## Task goal
Beneath this task are records; print exactly the stretch of them from the line with "Step-IsOrdered (parser_sends x" through the line with "launch-IsOrdered p l = ground arith", both ends included.
*** Begin section ***
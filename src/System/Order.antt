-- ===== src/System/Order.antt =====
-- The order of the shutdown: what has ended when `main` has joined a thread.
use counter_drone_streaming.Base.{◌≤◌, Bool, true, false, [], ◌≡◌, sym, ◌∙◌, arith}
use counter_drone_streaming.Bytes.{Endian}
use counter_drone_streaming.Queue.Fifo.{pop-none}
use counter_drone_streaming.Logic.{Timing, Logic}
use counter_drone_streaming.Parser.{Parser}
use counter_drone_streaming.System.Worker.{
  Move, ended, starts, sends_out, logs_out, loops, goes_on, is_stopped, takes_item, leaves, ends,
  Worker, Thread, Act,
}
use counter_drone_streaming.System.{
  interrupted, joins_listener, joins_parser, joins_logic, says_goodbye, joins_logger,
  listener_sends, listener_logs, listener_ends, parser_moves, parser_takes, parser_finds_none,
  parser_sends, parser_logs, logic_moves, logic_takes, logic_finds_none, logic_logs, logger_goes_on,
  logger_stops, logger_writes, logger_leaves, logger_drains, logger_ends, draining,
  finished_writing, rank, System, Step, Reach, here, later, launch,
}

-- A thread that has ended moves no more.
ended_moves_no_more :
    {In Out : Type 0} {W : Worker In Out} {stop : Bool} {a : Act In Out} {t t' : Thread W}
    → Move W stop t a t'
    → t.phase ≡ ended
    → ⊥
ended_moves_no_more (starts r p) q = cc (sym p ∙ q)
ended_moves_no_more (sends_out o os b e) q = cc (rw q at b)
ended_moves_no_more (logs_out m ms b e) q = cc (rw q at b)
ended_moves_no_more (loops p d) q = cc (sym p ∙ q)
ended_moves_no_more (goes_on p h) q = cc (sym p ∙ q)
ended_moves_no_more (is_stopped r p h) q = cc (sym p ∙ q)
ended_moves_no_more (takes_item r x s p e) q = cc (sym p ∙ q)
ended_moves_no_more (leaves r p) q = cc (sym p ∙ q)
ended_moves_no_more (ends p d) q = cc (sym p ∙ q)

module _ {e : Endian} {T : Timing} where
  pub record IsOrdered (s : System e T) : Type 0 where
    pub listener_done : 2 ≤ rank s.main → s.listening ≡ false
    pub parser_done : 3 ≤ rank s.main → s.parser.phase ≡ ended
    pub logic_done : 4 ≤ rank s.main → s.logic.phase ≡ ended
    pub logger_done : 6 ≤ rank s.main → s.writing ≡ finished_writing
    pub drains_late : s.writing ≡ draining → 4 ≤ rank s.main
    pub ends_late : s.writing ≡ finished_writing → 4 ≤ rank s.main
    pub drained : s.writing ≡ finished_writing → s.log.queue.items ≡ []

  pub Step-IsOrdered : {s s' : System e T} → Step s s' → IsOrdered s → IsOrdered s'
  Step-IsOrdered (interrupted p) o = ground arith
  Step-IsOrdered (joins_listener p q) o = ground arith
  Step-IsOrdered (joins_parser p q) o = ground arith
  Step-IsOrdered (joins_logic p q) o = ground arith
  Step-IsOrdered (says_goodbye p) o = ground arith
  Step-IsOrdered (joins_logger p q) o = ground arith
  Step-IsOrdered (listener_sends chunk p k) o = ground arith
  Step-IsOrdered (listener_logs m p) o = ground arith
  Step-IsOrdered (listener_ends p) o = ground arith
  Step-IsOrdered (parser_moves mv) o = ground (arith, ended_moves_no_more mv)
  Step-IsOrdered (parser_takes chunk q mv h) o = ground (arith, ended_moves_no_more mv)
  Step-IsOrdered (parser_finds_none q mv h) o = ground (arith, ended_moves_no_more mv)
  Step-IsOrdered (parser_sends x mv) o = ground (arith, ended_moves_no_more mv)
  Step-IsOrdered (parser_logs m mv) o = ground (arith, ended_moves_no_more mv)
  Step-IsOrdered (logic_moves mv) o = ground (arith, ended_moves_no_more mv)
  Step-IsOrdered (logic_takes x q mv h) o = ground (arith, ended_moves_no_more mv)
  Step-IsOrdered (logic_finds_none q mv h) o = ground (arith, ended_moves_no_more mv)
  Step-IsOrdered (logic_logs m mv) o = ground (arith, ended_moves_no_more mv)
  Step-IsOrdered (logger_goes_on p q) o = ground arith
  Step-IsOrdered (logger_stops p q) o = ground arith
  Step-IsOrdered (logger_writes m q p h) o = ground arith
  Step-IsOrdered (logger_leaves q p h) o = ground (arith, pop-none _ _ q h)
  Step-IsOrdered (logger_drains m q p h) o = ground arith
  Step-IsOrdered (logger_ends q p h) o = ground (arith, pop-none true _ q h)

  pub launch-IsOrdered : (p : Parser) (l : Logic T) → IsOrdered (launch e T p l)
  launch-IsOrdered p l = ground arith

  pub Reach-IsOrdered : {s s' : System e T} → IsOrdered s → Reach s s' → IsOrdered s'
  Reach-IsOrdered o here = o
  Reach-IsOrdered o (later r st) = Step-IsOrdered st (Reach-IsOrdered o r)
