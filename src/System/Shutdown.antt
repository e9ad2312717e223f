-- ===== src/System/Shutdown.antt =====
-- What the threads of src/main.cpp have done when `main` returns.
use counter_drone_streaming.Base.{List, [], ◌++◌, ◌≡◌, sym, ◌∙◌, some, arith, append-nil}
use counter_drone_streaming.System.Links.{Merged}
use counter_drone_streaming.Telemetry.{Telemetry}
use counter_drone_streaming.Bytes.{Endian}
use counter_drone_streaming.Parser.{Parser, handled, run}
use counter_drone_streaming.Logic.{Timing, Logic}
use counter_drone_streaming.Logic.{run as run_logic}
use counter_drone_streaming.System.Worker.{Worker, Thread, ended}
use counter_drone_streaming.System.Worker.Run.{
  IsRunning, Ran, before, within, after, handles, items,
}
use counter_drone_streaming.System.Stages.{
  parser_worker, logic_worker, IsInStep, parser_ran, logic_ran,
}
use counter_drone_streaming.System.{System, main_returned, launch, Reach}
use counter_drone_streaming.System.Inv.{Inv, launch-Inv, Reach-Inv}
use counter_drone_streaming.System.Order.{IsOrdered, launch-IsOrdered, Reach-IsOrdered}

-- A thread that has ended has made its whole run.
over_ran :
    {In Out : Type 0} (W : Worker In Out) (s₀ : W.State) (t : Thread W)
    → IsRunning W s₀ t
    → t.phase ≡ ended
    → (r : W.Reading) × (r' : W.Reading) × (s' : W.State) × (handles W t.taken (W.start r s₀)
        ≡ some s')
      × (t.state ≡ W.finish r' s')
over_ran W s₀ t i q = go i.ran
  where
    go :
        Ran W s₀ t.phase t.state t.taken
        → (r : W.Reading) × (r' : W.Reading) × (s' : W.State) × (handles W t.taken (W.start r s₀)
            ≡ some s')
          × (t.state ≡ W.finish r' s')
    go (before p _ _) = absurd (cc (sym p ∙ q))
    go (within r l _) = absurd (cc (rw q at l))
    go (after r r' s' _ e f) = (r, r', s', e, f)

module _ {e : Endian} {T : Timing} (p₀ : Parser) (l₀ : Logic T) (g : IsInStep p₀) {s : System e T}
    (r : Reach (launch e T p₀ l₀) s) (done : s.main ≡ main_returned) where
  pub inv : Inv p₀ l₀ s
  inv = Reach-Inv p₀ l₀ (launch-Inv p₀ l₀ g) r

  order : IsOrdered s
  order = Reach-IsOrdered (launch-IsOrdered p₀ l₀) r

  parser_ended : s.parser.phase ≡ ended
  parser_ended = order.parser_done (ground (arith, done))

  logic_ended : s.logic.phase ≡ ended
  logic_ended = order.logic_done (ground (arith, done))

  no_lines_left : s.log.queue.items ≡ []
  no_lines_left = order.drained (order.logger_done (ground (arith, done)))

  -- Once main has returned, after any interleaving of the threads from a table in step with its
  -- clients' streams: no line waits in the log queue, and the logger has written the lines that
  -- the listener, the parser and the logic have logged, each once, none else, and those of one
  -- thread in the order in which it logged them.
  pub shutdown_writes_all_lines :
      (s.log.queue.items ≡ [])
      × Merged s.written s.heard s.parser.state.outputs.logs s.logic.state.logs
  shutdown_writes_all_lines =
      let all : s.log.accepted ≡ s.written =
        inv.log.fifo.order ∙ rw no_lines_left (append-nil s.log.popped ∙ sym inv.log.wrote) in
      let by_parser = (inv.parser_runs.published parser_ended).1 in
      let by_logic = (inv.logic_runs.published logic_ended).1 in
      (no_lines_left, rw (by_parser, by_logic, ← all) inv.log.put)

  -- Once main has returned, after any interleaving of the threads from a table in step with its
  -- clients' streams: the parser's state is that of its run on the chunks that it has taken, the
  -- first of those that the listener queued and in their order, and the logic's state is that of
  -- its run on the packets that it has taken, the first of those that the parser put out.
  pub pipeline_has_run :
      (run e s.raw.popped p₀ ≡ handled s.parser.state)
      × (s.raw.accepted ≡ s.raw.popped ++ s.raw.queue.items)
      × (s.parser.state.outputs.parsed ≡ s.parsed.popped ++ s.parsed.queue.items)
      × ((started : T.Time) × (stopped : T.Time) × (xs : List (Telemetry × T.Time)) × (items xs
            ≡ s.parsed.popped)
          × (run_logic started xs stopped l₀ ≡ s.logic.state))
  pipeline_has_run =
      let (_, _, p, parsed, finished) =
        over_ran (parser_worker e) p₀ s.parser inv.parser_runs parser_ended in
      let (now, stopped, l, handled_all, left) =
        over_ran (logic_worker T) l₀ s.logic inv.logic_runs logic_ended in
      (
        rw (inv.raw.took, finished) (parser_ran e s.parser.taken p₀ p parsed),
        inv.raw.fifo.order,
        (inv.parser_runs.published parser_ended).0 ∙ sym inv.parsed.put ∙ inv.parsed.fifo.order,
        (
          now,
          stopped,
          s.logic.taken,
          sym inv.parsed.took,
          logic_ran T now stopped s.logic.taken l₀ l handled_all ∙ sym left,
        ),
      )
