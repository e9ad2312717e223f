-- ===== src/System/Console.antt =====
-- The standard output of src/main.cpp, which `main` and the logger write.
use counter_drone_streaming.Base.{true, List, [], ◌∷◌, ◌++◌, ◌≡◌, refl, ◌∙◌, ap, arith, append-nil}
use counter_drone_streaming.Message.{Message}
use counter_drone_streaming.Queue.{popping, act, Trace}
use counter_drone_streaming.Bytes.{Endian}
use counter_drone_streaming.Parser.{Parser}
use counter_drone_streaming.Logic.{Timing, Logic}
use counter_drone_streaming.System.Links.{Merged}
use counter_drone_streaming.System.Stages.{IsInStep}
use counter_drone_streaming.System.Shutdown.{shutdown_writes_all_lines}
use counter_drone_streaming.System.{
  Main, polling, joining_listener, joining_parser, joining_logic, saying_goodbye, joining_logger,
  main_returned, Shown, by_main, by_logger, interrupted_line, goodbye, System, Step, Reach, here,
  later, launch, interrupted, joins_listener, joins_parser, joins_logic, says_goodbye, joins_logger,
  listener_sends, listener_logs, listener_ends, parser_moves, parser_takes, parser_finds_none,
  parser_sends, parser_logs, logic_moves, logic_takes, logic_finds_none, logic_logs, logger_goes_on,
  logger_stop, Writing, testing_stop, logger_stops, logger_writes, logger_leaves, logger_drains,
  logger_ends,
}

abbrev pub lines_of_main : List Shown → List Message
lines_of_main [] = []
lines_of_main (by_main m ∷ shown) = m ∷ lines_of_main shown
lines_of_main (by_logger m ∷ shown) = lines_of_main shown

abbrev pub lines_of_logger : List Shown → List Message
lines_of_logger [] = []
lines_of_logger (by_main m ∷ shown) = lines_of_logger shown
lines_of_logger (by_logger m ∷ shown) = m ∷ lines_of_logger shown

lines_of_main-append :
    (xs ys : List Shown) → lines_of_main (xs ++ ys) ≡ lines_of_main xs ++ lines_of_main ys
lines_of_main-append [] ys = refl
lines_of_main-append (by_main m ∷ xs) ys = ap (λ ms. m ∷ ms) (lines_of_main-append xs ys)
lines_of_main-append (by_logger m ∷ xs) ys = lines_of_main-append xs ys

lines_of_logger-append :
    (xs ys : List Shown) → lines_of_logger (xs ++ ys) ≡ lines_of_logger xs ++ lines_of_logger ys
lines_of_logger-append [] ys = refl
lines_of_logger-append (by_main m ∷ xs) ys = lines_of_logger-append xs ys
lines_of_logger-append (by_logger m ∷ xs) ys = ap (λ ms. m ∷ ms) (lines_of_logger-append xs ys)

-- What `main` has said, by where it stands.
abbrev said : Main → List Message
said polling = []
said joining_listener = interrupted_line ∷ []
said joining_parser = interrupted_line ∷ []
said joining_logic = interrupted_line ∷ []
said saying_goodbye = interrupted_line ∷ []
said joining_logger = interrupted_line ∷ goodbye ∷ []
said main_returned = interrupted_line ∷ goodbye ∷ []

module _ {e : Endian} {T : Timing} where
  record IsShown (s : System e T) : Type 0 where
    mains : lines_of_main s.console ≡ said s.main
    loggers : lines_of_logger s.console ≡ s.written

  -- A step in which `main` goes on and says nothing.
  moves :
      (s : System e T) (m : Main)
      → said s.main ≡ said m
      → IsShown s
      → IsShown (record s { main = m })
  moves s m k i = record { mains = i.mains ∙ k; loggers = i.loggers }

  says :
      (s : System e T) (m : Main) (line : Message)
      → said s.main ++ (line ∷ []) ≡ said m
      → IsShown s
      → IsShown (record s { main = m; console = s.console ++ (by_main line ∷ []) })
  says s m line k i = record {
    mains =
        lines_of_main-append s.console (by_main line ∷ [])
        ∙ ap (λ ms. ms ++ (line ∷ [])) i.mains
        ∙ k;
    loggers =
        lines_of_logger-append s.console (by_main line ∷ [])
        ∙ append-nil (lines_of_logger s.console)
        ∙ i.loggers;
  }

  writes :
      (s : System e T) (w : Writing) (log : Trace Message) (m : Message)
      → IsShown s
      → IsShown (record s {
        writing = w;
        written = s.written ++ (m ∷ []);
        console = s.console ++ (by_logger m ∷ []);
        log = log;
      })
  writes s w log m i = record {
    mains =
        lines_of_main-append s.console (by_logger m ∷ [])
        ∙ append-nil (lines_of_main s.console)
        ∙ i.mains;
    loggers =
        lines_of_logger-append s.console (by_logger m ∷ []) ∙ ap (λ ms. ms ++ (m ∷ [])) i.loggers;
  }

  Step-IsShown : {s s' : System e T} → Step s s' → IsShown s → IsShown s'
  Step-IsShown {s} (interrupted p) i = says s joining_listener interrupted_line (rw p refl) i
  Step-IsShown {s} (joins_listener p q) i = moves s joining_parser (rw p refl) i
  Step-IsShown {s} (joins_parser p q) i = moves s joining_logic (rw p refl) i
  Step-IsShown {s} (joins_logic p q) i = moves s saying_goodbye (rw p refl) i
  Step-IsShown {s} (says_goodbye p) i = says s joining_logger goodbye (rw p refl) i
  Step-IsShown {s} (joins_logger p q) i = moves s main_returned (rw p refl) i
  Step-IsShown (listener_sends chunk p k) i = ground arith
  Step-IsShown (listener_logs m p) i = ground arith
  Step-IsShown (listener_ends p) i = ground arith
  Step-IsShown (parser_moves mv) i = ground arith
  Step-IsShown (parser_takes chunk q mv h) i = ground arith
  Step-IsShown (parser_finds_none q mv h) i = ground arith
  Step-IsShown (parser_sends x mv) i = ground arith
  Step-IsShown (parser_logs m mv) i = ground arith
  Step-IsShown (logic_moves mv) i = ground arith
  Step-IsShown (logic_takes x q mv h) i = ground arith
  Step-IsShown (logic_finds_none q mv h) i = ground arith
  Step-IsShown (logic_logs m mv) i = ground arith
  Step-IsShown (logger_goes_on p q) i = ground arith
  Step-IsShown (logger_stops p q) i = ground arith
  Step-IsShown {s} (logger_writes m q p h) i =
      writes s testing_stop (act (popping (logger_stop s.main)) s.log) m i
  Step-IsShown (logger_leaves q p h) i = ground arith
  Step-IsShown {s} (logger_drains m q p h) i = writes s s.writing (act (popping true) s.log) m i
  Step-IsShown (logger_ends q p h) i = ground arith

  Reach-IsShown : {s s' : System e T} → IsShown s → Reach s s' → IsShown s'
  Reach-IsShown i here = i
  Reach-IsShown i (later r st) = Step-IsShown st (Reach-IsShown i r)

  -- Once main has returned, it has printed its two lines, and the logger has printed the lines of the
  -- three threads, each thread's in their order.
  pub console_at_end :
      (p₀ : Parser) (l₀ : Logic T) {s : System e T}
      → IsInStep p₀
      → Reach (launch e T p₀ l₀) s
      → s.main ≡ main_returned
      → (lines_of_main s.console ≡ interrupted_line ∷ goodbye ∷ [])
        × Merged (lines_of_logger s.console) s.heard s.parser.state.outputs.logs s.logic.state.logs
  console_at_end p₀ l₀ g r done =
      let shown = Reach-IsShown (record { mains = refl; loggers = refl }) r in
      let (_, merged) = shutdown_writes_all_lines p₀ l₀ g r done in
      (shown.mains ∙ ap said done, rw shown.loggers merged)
*** End section ***
## Reply to the task
  Step-IsOrdered (parser_sends x mv) o = ground (arith, ended_moves_no_more mv)
  Step-IsOrdered (parser_logs m mv) o = ground (arith, ended_moves_no_more mv)
  Step-IsOrdered (logic_moves mv) o = ground (arith, ended_moves_no_more mv)
  Step-IsOrdered (logic_takes x q mv h) o = ground (arith, ended_moves_no_more mv)
  Step-IsOrdered (logic_finds_none q mv h) o = ground (arith, ended_moves_no_more mv)
  Step-IsOrdered (logic_logs m mv) o = ground (arith, ended_moves_no_more mv)
  Step-IsOrdered (logger_goes_on p q) o = ground arith
  Step-IsOrdered (logger_stops p q) o = ground arith
  Step-IsOrdered (logger_writes m q p h) o = ground arith
  Step-IsOrdered (logger_leaves q p h) o = ground (arith, pop-none _ _ q h)
  Step-IsOrdered (logger_drains m q p h) o = ground arith
  Step-IsOrdered (logger_ends q p h) o = ground (arith, pop-none true _ q h)

  pub launch-IsOrdered : (p : Parser) (l : Logic T) → IsOrdered (launch e T p l)
  launch-IsOrdered p l = ground arith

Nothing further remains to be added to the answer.